You might want to try sulfur. Given your location, Sheehan, you should be able to easily acidify your soil to the point where good old granular fertilizer supplies sufficient iron. The soil I had imported from delray beach responds very favorably to sulfur application. All of my ph sensitive trees that are in that soil are doing phenomenally.

Yes, Sulfur and copious amounts of organic mulch can really help eliminate the need for chelated iron drenches...

Even when growing upon limestone/in sandy alkaline soil? My interest is certainly piqued.

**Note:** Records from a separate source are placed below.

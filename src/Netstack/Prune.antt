-- ===== src/Netstack/Prune.antt =====
-- Streams whose socket is taken away (accept_new_connection and prune_sockets in
-- crates/ombrac-netstack/src/tcp.rs).
use ombrac.Prelude.{
  ℕ, zero, suc, Bool, true, false, not, Option, none, some, List, [], ◌∷◌, ◌++◌, ◌&&◌, All,
  Bool-cases, ◌≡◌, ◌⊎◌, inl, inr, refl, ap, ok, err,
}
use ombrac.Net.{Bytes, SocketAddr, socket_addr, IoError, IoResult, Poll, pending}
use ombrac.Netstack.{Parsers, TcpHeader, IpPacket, new_checked, dst_addr}
use ombrac.Netstack.Worker.{
  Accepted, stream_of, Worker, emit, after_listen, accept_new_connection, accept_if_syn, inject,
  inject_after, process_inbound_frame, parse_tcp,
}
use ombrac.Netstack.Stream.{
  Connection, new_connection, read_buffered, poll_read, TcpSocket, handle_recv, close_read,
  send_rounds, handle_send, handle_socket_io, keep_active, prune_socket,
}

-- Reads in turn, each with its room.
unfoldable pub reads : Connection → List ℕ → List (Poll (IoResult Bytes))
reads c [] = []
reads c (room ∷ rooms) = let (c', r) = poll_read c room in r ∷ reads c' rooms

-- Nothing to read, and no end.
abbrev Waiting : Connection → Type 0
Waiting c = (c.recv_buffer.content ≡ []) × (c.read_closed ≡ false)

poll_read-pending :
    (c : Connection) (room : ℕ)
    → Waiting c
    → poll_read c room ≡ (record c { recv_waker = true }, pending)
unfolding poll_read read_buffered
poll_read-pending c room (e, k) = rw (e, k) refl

reads-pending :
    (c : Connection) (rooms : List ℕ) → Waiting c → All (λ r. r ≡ pending) (reads c rooms)
unfolding reads
reads-pending c [] h = tt
reads-pending c (room ∷ rooms) h =
    rw (poll_read-pending c room h) (refl, reads-pending (record c { recv_waker = true }) rooms h)

and-not : (a b : Bool) → (a && not b) ≡ true → (a ≡ true) × (b ≡ false)
and-not true false e = (refl, refl)
and-not true true e = absurd (cc (e))
and-not false b e = absurd (cc (e))

module _ {S : Type 0} (t : TcpSocket S) where
  send-nothing :
      (s : S) (c : Connection) → c.send_buffer.content ≡ [] → handle_send t (s, c) ≡ (s, c)
  unfolding handle_send send_rounds
  send-nothing s c e = rw e refl

  quiet :
      (s : S) (recv_size send_size : ℕ)
      → t.is_open s ≡ true
      → t.can_recv s ≡ false
      → handle_socket_io t s (new_connection recv_size send_size)
        ≡ (s, new_connection recv_size send_size)
  unfolding handle_socket_io handle_recv close_read
  quiet s recv_size send_size o r =
      rw (r, o) (send-nothing s (new_connection recv_size send_size) refl)

  -- A socket that still listens is open and not active: when the packet that was to wake it is lost,
  -- or went to another socket, its stream has been given to the application all the same. The worker
  -- then takes the socket away without closing the stream, so that every read waits for ever.
  pub handle_socket_io-pruned :
      (s : S) (recv_size send_size : ℕ) (rooms : List ℕ)
      → t.is_open s ≡ true
      → t.is_active s ≡ false
      → t.can_recv s ≡ false
      → (prune_socket t
            (handle_socket_io t s (new_connection recv_size send_size)).0
            (handle_socket_io t s (new_connection recv_size send_size)).1
          ≡ none)
        × All
            (λ r. r ≡ pending)
            (reads (handle_socket_io t s (new_connection recv_size send_size)).1 rooms)
  unfolding prune_socket keep_active
  handle_socket_io-pruned s recv_size send_size rooms o a r =
      rw (quiet s recv_size send_size o r, a)
        (refl, reads-pending (new_connection recv_size send_size) rooms (refl, refl))

-- What a frame adds to the streams and to the sockets: none of either, or one of each for the
-- connection of the packet.
abbrev pub Emits : Parsers → Bytes → Worker → Worker → Type 0
Emits w frame s s' =
    ((s'.emitted ≡ s.emitted) × (s'.sockets ≡ s.sockets))
    ⊎ ((p : IpPacket) × (h : TcpHeader) × (parse_tcp w (new_checked w frame) ≡ some (p, h))
        × (h.syn ≡ true)
        × (h.ack ≡ false)
        × (s'.emitted ≡ s.emitted ++ stream_of p h ∷ [])
        × (s'.sockets ≡ s.sockets ++ socket_addr (dst_addr p) h.dst_port ∷ []))

module _ (w : Parsers) (listen : SocketAddr → IoResult (Unit {0})) (frame : Bytes)
    (s : Worker) where
  emit-Emits :
      (room : ℕ) (p : IpPacket) (h : TcpHeader)
      → parse_tcp w (new_checked w frame) ≡ some (p, h)
      → h.syn ≡ true
      → h.ack ≡ false
      → Emits w frame s (emit s room (stream_of p h))
  unfolding emit
  emit-Emits zero p h e y a = inl (refl, refl)
  emit-Emits (suc room) p h e y a = inr (p, h, e, y, a, refl, refl)

  listen-Emits :
      (p : IpPacket) (h : TcpHeader) (r : IoResult (Unit {0}))
      → parse_tcp w (new_checked w frame) ≡ some (p, h)
      → h.syn ≡ true
      → h.ack ≡ false
      → Emits w frame s (after_listen s (stream_of p h) r).0
  unfolding after_listen
  listen-Emits p h (ok u) e y a = emit-Emits s.emit_room p h e y a
  listen-Emits p h (err x) e y a = inl (refl, refl)

  accept-Emits :
      (o : Option (IpPacket × TcpHeader))
      → parse_tcp w (new_checked w frame) ≡ o
      → Emits w frame s (accept_if_syn listen s o).0
  unfolding accept_if_syn accept_new_connection
  accept-Emits none e = inl (refl, refl)
  accept-Emits (some (p, h)) e = elim (Bool-cases (h.syn && not h.ack)) [
    | inr f ↦ rw f (inl (refl, refl))
    | inl y ↦
        let (syn, ack) = and-not h.syn h.ack y in
        rw y (listen-Emits p h (listen (socket_addr (dst_addr p) h.dst_port)) e syn ack)
  ]

  -- What a frame adds stays, and a frame that smoltcp has no room for is lost with an error.
  abbrev pub Handed : Worker × IoResult (Unit {0}) → Type 0
  Handed (s', r) =
      Emits w frame s s'
      × (((r ≡ ok tt) × (s'.injected ≡ s.injected ++ frame ∷ []))
          ⊎ ((e : IoError) × (r ≡ err e) × (s'.injected ≡ s.injected)))

  -- No frame is injected by the first step.
  injected-kept : (room : ℕ) (stream : Accepted) → (emit s room stream).injected ≡ s.injected
  unfolding emit
  injected-kept zero stream = refl
  injected-kept (suc room) stream = refl

  listen-injected :
      (stream : Accepted) (r : IoResult (Unit {0}))
      → (after_listen s stream r).0.injected ≡ s.injected
  unfolding after_listen
  listen-injected stream (ok u) = injected-kept s.emit_room stream
  listen-injected stream (err e) = refl

  accept-injected :
      (o : Option (IpPacket × TcpHeader)) → (accept_if_syn listen s o).0.injected ≡ s.injected
  unfolding accept_if_syn accept_new_connection
  accept-injected none = refl
  accept-injected (some (p, h)) = elim (Bool-cases (h.syn && not h.ack)) [
    | inr f ↦ rw f refl
    | inl y ↦ rw y (listen-injected (stream_of p h) (listen (socket_addr (dst_addr p) h.dst_port)))
  ]

  inject-Handed :
      (s' : Worker) (room : ℕ)
      → Emits w frame s s'
      → s'.injected ≡ s.injected
      → Handed (inject s' room frame)
  unfolding inject
  inject-Handed s' zero m i = (m, inr (_, refl, i))
  inject-Handed s' (suc room) m i = (m, inl (refl, ap (λ l. l ++ frame ∷ []) i))

  inject_after-Handed :
      (x : Worker × IoResult (Unit {0}))
      → Emits w frame s x.0
      → x.0.injected ≡ s.injected
      → Handed (inject_after frame x)
  unfolding inject_after
  inject_after-Handed (s', ok u) m i = inject-Handed s' s'.inject_room m i
  inject_after-Handed (s', err e) m i = (m, inr (e, refl, i))

  -- A frame is handed to smoltcp or refused with an error, for want of room or of a socket. The first
  -- packet of a connection, and no other frame, makes a socket, together with the stream that the
  -- application is given for it; it does so whether the frame is then handed on or refused.
  pub process_inbound_frame-Handed : Handed (process_inbound_frame w listen s frame)
  unfolding process_inbound_frame
  process_inbound_frame-Handed =
      inject_after-Handed (accept_if_syn listen s (parse_tcp w (new_checked w frame)))
        (accept-Emits (parse_tcp w (new_checked w frame)) refl)
        (accept-injected (parse_tcp w (new_checked w frame)))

Yes, I am on limestone, but with more of a red laterite dust mixed with sand. 8.2 ph. After laying down casaurina straw mulch and wood chips and spreading sulfur and dry humates over the past four years, I no longer see iron deficiency issues.

I'm really glad to hear that, if we have lots of anything it's casuarinas LOL. I've seen some Tiger 90 bags of sulfur at one of the hardware stores too so might incorporate that, how heavy/how far out do you apply the c. straw mulch?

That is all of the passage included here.